After printing one line is completed, CPU 102 drives the V-transport mechanism 112 to advance the paper.
Taking the exemplary values described above, the printing range corresponds to the length of the dot position matrix (w≈200 mm), i.e., it is equivalent to 2840 dots position columns. However, because the four nozzle arrays are spaced apart from one another by the dot interval di (20 dots), a stroke equivalent to 2840+60 dots is required for the print head to cover that printing range with each of the four nozzle arrays.
Image buffer 109 stores 64*2840/8=8*2840 bytes for each color. Because the present embodiment is assumed to print with four colors (CMYK) of ink, the total byte capacity of image buffer 109 is 8*2840*4 bytes.
End position calculation
FIG. 4 is a flow chart of the end position calculation process for obtaining the line start and stop positions of a particular printing line in this first embodiment. It should be noted that, as described above, this process is executed after:
(1) the printer interface detected receipt of data from host device 106,
(2) the detected data have been received in the receive interrupt process and stored in receive buffer 108,
(3) the data have been sequentially read from receive buffer 108 in the normal control process,
(4) CPU 102 generated a bitmap image in image buffer 109, and
(5) the complete bitmap image for one line has been stored in image buffer 109, or a command instructing the printer to print has been received by CPU 102.
Index i denotes the column position in the dot position matrix; at the same time, i addresses the corresponding 64-bit word in each of the buffer units 109K to 109Y. Hence, K[i], C[i], M[i], Y[i] indicate the i-th 64-bit words in buffer unit 109K, 109C, 109M and 109Y, respectively.
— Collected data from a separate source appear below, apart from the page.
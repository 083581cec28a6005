-- ===== src/Grain/Tokens/Sound.antt =====
-- The tokens of `tokenize` of src/grain.rs against the runs of the data.
use timberfs.Prelude.{
  ℕ, ◌+◌, ◌-◌, ◌≡◌, refl, ap, ◌∙◌, sym, Bool, true, false, ◌||◌, List, [], ◌∷◌, ◌++◌, Option, none,
  some, length, take, All, arith, ◌↔◌, ◌⊎◌, inl, inr, Bool-cases, append_assoc, length-append,
  take-append_eq, drop-append_eq, All-append,
}
use mathlib.Core.Path.{subst}
use timberfs.Bytes.{slice, bytes_eq}
use timberfs.Bytes.LittleEndian.{bytes_eq→eq}
use timberfs.Grain.Tokens.{
  is_alphanumeric, contains, insert, in_range, end_run, start_run, tokenize_loop, tokenize,
}
use timberfs.Grain.Tokens.Runs.{IsAlphanumeric, EndsClear, StartsClear, IsToken, complete}

or_cases : (a b : Bool) → (a || b) ≡ true → (a ≡ true) ⊎ (b ≡ true)
or_cases true b h = inl refl
or_cases false b h = inr h

contains-insert_cases :
    (t u : List ℕ) (ts : List (List ℕ))
    → contains t (insert u ts) ≡ true
    → (contains t ts ≡ true) ⊎ (t ≡ u)
unfolding insert contains
contains-insert_cases t u ts h = elim (Bool-cases (contains u ts)) [
  | inl e ↦ inl (rw e at h)
  | inr e ↦ elim (or_cases (bytes_eq t u) (contains t ts) (rw e at h)) [
    | inl same ↦ inr (bytes_eq→eq t u same)
    | inr later ↦ inl later
  ]
]

EndsClear-snoc : (xs : List ℕ) (b : ℕ) → is_alphanumeric b ≡ false → EndsClear (xs ++ (b ∷ []))
EndsClear-snoc [] b h = h
EndsClear-snoc (x ∷ []) b h = h
EndsClear-snoc (x ∷ y ∷ xs) b h = EndsClear-snoc (y ∷ xs) b h

-- The start of the run `run`, which stands behind `pre`.
abbrev started : List ℕ → List ℕ → Option ℕ
started pre [] = none
started pre (b ∷ run) = some (length pre)

started-snoc :
    (pre run : List ℕ) (b i : ℕ)
    → i ≡ length pre + length run
    → start_run (started pre run) i ≡ started pre (run ++ (b ∷ []))
started-snoc pre [] b i h = ap some (omega (arith, h))
started-snoc pre (a ∷ run) b i h = refl

module _ (bytes t : List ℕ) where
  at_end :
      (pre run rest : List ℕ) (i : ℕ) (out : List (List ℕ))
      → bytes ≡ pre ++ (run ++ rest)
      → EndsClear pre
      → All IsAlphanumeric run
      → StartsClear rest
      → i ≡ length pre + length run
      → contains t (end_run bytes (started pre run) i out) ≡ true
      → (contains t out ≡ true) ⊎ IsToken bytes t
  unfolding end_run
  at_end pre [] rest i out e left h right ei k = inl k
  at_end pre (b ∷ run) rest i out e left h right ei k =
      elim (Bool-cases (in_range (i - length pre))) [
        | inl fits ↦
            elim (contains-insert_cases t (slice (length pre) (i - length pre) bytes) out
              (rw fits at k)) [ inl old ↦ inl old | inr new ↦ inr (token fits (new ∙ cut)) ]
        | inr unfit ↦ inl (rw unfit at k)
      ]
    where
      n : i - length pre ≡ length (b ∷ run)
      n = omega (arith, ei)

      cut : slice (length pre) (i - length pre) bytes ≡ b ∷ run
      cut =
          ap (λ b. slice (length pre) (i - length pre) b) e
          ∙ ap (take (i - length pre)) (drop-append_eq (length pre) pre ((b ∷ run) ++ rest) refl)
          ∙ take-append_eq (i - length pre) (b ∷ run) rest n

      token : in_range (i - length pre) ≡ true → t ≡ b ∷ run → IsToken bytes t
      token fits same = subst (IsToken bytes) (sym same) (record {
        before = pre;
        after = rest;
        within = e;
        run = h;
        clear_left = left;
        clear_right = right;
        long = ground (arith, fits, n);
        short = ground (arith, fits, n);
      })

  sound_loop :
      (pre run rest : List ℕ) (i : ℕ) (out : List (List ℕ))
      → bytes ≡ pre ++ (run ++ rest)
      → EndsClear pre
      → All IsAlphanumeric run
      → i ≡ length pre + length run
      → contains t (tokenize_loop bytes i (started pre run) out rest) ≡ true
      → (contains t out ≡ true) ⊎ IsToken bytes t
  unfolding tokenize_loop
  sound_loop pre run [] i out e left h ei k = at_end pre run [] i out e left h tt ei k
  sound_loop pre run (b ∷ rest) i out e left h ei k = elim (Bool-cases (is_alphanumeric b)) [
    | inl yes_run ↦
        sound_loop pre (run ++ (b ∷ [])) rest (i + 1) out
          (e ∙ ap (λ xs. pre ++ xs) (sym (append_assoc run (b ∷ []) rest))) left
          (All-append IsAlphanumeric run (b ∷ []) h (yes_run, tt))
          (omega (arith, ei, length-append run (b ∷ [])))
          (rw (sym (started-snoc pre run b i ei)) (rw yes_run at k))
    | inr no_run ↦
        elim (sound_loop (pre ++ (run ++ (b ∷ []))) [] rest (i + 1)
          (end_run bytes (started pre run) i out)
          (e
            ∙ ap (λ xs. pre ++ xs) (sym (append_assoc run (b ∷ []) rest))
            ∙ sym (append_assoc pre (run ++ (b ∷ [])) rest))
          (subst EndsClear (append_assoc pre run (b ∷ [])) (EndsClear-snoc (pre ++ run) b no_run))
          tt (omega (arith, ei, length-append pre (run ++ (b ∷ [])), length-append run (b ∷ [])))
          (rw no_run at k)) [
            | inl old ↦ at_end pre run (b ∷ rest) i out e left h no_run ei old
            | inr token ↦ inr token
          ]
  ]

  sound : contains t (tokenize bytes) ≡ true → IsToken bytes t
  unfolding tokenize contains
  sound k = elim (sound_loop [] [] bytes 0 [] refl tt tt refl k) [
    | inl none_yet ↦ absurd (nothing none_yet)
    | inr token ↦ token
  ]
    where
      nothing : contains t [] ≡ true → ⊥
      nothing h = cc

  -- The tokens of a byte string are exactly its maximal runs of ASCII letters and digits that are 3 to
  -- 64 bytes long.
  pub tokenize_iff : (contains t (tokenize bytes) ≡ true) ↔ IsToken bytes t
  tokenize_iff = (sound, complete bytes t)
When the first dot column position is represented by i=0, index i has a range from 0 to 2839.
When the process starts, CPU 102 sets index i to 0, i.e., it resets a column counter which may be a register, an area in RAM 107, or another temporary storage) (step S400), and then detects whether i<2840 (step S401).
If i<2840 (step S401 returns Yes), the logical sum (OR) of respective 64-bit words K[i], C[i], M[i] and Y[i] in buffer units 109K to 109Y, respectively, is calculated, and the result is stored in flag buffer 114 (step S402). Denoting the logical sum with R[i], then R[i]=K[i] v C[i] v M[i] v Y[i]. Note that the logical product (NAND) is calculated in case of the above mentioned alternative that “0” bits, rather than “1” bits, in the bitmap data indicate dots to be printed.
The value of i is then incremented (i=i+1) (step S403), and the procedure loops back to S401.
FIG. 5 shows image buffer 109 and flag buffer 114 after completing the logical sum calculations by repeating steps S401 to S403. These buffers all store 2840 words. The word length is Npe=64 bits in case of the image buffer 109, while it is X bits in case of the flag buffer 114. Logic operations are performed in units of the CPU's data-word length. An 8-bit CPU therefore performs these operations in 8-bit units, and a 16-bit CPU operates in 16-bit units. The flag buffer 114 only needs to store the final result of the logical sum calculation to indicate whether there is an “1” bit in any of the 64-bit words addressed by index i in buffer units 109K to 109Y. The flag buffer 114, therefore, does not need to store 64 bits per dot position column i. Rather it is possible to segment the 64 bits by the data-word length of the CPU, obtain the logical sum of each segment, and only store the result of this logic operation. For example, with a 16-bit CPU and four buffer segments per color for a word length of 64 bits, the result stored in flag buffer 114 for each color can be compressed to a total of X=16 bits each representing the logical sum of a respective one of the 4*4 buffer segments. In this case, the capacity of flag buffer 114 needs to be only 16 bits×2840 dot position columns or 2*2900 bytes.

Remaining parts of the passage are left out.